__WHAT YOU ARE ASKED TO DO__. Go to the line in the entries below that holds "-- ===== src/Fifo/Upper/Messages.antt" and repeat exactly from there through the line that holds "length-append (map toupper", inclusive.

=======

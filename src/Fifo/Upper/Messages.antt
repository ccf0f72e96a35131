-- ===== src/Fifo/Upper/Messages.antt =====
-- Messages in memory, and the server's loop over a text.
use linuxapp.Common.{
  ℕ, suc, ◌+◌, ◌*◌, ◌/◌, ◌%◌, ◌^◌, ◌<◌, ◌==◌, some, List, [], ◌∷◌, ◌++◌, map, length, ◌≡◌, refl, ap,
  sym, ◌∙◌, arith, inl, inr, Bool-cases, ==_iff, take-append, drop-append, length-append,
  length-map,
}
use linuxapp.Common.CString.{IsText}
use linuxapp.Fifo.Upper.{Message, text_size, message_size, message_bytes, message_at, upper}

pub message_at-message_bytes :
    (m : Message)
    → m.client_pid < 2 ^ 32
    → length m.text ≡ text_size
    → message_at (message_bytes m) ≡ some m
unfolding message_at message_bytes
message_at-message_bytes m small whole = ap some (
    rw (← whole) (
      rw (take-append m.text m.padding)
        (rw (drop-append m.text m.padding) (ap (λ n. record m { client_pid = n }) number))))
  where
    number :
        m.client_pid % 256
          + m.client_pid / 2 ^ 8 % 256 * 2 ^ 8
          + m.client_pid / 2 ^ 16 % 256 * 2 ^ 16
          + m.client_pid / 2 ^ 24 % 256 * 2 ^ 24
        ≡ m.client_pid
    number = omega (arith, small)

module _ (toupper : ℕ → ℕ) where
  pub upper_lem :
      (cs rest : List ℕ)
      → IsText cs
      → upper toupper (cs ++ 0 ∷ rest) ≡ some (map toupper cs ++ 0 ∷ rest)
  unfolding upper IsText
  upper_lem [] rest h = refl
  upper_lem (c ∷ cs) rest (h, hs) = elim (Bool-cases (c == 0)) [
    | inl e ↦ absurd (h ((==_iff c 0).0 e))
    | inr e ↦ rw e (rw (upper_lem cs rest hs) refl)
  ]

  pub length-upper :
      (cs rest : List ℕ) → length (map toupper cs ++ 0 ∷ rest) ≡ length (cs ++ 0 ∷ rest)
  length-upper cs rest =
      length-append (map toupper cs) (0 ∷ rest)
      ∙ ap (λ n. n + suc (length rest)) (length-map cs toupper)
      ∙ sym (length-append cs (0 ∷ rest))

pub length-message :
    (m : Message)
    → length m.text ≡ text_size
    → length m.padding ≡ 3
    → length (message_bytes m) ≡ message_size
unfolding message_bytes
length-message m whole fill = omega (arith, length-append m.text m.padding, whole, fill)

=======

__YOUR RESPONSE__.
-- ===== src/Fifo/Upper/Messages.antt =====
-- Messages in memory, and the server's loop over a text.
use linuxapp.Common.{
  ℕ, suc, ◌+◌, ◌*◌, ◌/◌, ◌%◌, ◌^◌, ◌<◌, ◌==◌, some, List, [], ◌∷◌, ◌++◌, map, length, ◌≡◌, refl, ap,
  sym, ◌∙◌, arith, inl, inr, Bool-cases, ==_iff, take-append, drop-append, length-append,
  length-map,
}
use linuxapp.Common.CString.{IsText}
use linuxapp.Fifo.Upper.{Message, text_size, message_size, message_bytes, message_at, upper}

pub message_at-message_bytes :
    (m : Message)
    → m.client_pid < 2 ^ 32
    → length m.text ≡ text_size
    → message_at (message_bytes m) ≡ some m
unfolding message_at message_bytes
message_at-message_bytes m small whole = ap some (
    rw (← whole) (
      rw (take-append m.text m.padding)
        (rw (drop-append m.text m.padding) (ap (λ n. record m { client_pid = n }) number))))
  where
    number :
        m.client_pid % 256
          + m.client_pid / 2 ^ 8 % 256 * 2 ^ 8
          + m.client_pid / 2 ^ 16 % 256 * 2 ^ 16
          + m.client_pid / 2 ^ 24 % 256 * 2 ^ 24
        ≡ m.client_pid
    number = omega (arith, small)

module _ (toupper : ℕ → ℕ) where
  pub upper_lem :
      (cs rest : List ℕ)
      → IsText cs
      → upper toupper (cs ++ 0 ∷ rest) ≡ some (map toupper cs ++ 0 ∷ rest)
  unfolding upper IsText
  upper_lem [] rest h = refl
  upper_lem (c ∷ cs) rest (h, hs) = elim (Bool-cases (c == 0)) [
    | inl e ↦ absurd (h ((==_iff c 0).0 e))
    | inr e ↦ rw e (rw (upper_lem cs rest hs) refl)
  ]

  pub length-upper :
      (cs rest : List ℕ) → length (map toupper cs ++ 0 ∷ rest) ≡ length (cs ++ 0 ∷ rest)
  length-upper cs rest =
      length-append (map toupper cs) (0 ∷ rest)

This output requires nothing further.